EXTRACTED INFORMATION:
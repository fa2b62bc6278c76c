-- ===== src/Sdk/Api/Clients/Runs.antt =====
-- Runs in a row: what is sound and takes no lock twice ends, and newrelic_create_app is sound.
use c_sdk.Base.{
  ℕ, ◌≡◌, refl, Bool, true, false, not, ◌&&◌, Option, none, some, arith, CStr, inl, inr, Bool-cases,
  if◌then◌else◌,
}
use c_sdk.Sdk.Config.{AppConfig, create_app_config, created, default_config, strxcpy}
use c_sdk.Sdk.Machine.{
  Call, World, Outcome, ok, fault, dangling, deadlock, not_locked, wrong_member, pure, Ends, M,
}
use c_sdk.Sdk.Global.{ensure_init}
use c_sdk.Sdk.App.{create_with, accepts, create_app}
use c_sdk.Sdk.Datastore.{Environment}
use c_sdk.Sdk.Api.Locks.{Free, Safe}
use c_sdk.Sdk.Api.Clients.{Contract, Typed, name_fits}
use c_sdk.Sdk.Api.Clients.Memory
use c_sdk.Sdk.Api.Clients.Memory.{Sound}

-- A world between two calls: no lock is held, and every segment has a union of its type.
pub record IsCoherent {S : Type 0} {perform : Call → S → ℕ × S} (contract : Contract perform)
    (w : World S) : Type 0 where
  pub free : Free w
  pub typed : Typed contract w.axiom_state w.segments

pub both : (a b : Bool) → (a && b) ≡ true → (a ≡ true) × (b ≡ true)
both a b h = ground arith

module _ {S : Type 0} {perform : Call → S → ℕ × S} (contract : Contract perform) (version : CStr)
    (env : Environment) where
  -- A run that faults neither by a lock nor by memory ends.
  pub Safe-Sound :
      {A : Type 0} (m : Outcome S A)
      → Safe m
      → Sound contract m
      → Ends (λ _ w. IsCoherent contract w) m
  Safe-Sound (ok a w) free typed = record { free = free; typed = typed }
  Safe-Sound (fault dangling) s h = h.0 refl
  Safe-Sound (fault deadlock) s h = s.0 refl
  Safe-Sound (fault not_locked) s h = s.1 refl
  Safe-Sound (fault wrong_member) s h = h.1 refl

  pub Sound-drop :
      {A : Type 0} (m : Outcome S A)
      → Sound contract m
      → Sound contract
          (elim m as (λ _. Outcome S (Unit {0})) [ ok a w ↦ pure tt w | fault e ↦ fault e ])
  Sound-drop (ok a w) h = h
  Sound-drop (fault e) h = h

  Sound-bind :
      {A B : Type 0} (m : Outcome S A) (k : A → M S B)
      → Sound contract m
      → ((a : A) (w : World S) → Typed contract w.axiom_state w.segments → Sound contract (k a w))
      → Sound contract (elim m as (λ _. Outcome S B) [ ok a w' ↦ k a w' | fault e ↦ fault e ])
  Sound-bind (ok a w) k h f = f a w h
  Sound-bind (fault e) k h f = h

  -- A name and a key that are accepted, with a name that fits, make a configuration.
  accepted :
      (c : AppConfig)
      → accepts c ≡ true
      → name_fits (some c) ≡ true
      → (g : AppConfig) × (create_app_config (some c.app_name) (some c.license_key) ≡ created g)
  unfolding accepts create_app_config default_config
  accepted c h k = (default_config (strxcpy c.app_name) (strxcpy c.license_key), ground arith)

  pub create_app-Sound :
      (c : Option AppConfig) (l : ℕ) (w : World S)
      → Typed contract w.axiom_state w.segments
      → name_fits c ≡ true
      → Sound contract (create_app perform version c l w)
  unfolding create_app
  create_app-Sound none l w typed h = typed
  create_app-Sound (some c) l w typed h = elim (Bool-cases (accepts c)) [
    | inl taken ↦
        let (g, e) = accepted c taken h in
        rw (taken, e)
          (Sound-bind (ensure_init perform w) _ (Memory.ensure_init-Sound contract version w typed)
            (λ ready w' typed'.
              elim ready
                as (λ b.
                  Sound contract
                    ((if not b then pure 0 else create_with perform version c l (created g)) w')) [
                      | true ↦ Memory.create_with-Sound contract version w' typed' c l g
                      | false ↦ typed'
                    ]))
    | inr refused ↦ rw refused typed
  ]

WHAT TO DO:
Copy out all lines of the material above in which "accepts" occurs.

FINAL ANSWER:
use c_sdk.Sdk.App.{create_with, accepts, create_app}
      → accepts c ≡ true
  unfolding accepts create_app_config default_config
  create_app-Sound (some c) l w typed h = elim (Bool-cases (accepts c)) [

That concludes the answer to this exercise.